**Problem statement**
Return only the lines running from the top of the entries to the line with "fifo_step capacity xs get_size", inclusive, exactly as written.

**Data extract**
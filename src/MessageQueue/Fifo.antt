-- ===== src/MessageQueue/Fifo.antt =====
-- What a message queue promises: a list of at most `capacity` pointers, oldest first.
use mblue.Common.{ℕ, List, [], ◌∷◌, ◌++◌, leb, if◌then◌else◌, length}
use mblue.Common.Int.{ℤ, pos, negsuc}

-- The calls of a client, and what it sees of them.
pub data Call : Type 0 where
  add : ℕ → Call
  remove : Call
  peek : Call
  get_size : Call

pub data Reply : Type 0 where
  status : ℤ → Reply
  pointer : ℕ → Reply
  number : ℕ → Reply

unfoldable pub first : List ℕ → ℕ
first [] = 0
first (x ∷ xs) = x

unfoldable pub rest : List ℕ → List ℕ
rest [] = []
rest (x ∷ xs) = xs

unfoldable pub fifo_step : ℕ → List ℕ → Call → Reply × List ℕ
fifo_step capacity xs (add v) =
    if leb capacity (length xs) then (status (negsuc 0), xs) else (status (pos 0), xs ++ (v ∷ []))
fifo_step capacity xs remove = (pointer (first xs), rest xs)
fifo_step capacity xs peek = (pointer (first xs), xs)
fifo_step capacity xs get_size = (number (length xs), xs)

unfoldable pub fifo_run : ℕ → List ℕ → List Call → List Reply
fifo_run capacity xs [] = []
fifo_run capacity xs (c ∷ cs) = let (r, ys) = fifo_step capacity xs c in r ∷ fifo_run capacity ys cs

**Exercise output**
filename src/MessageQueue/Fifo.antt
-- ===== src/MessageQueue/Fifo.antt =====
-- What a message queue promises: a list of at most `capacity` pointers, oldest first.
use mblue.Common.{ℕ, List, [], ◌∷◌, ◌++◌, leb, if◌then◌else◌, length}
use mblue.Common.Int.{ℤ, pos, negsuc}

-- The calls of a client, and what it sees of them.
pub data Call : Type 0 where
  add : ℕ → Call
  remove : Call
  peek : Call
  get_size : Call

pub data Reply : Type 0 where
  status : ℤ → Reply
  pointer : ℕ → Reply
  number : ℕ → Reply

unfoldable pub first : List ℕ → ℕ
first [] = 0
first (x ∷ xs) = x

unfoldable pub rest : List ℕ → List ℕ
rest [] = []
rest (x ∷ xs) = xs

unfoldable pub fifo_step : ℕ → List ℕ → Call → Reply × List ℕ
fifo_step capacity xs (add v) =
    if leb capacity (length xs) then (status (negsuc 0), xs) else (status (pos 0), xs ++ (v ∷ []))
fifo_step capacity xs remove = (pointer (first xs), rest xs)
fifo_step capacity xs peek = (pointer (first xs), xs)
fifo_step capacity xs get_size = (number (length xs), xs)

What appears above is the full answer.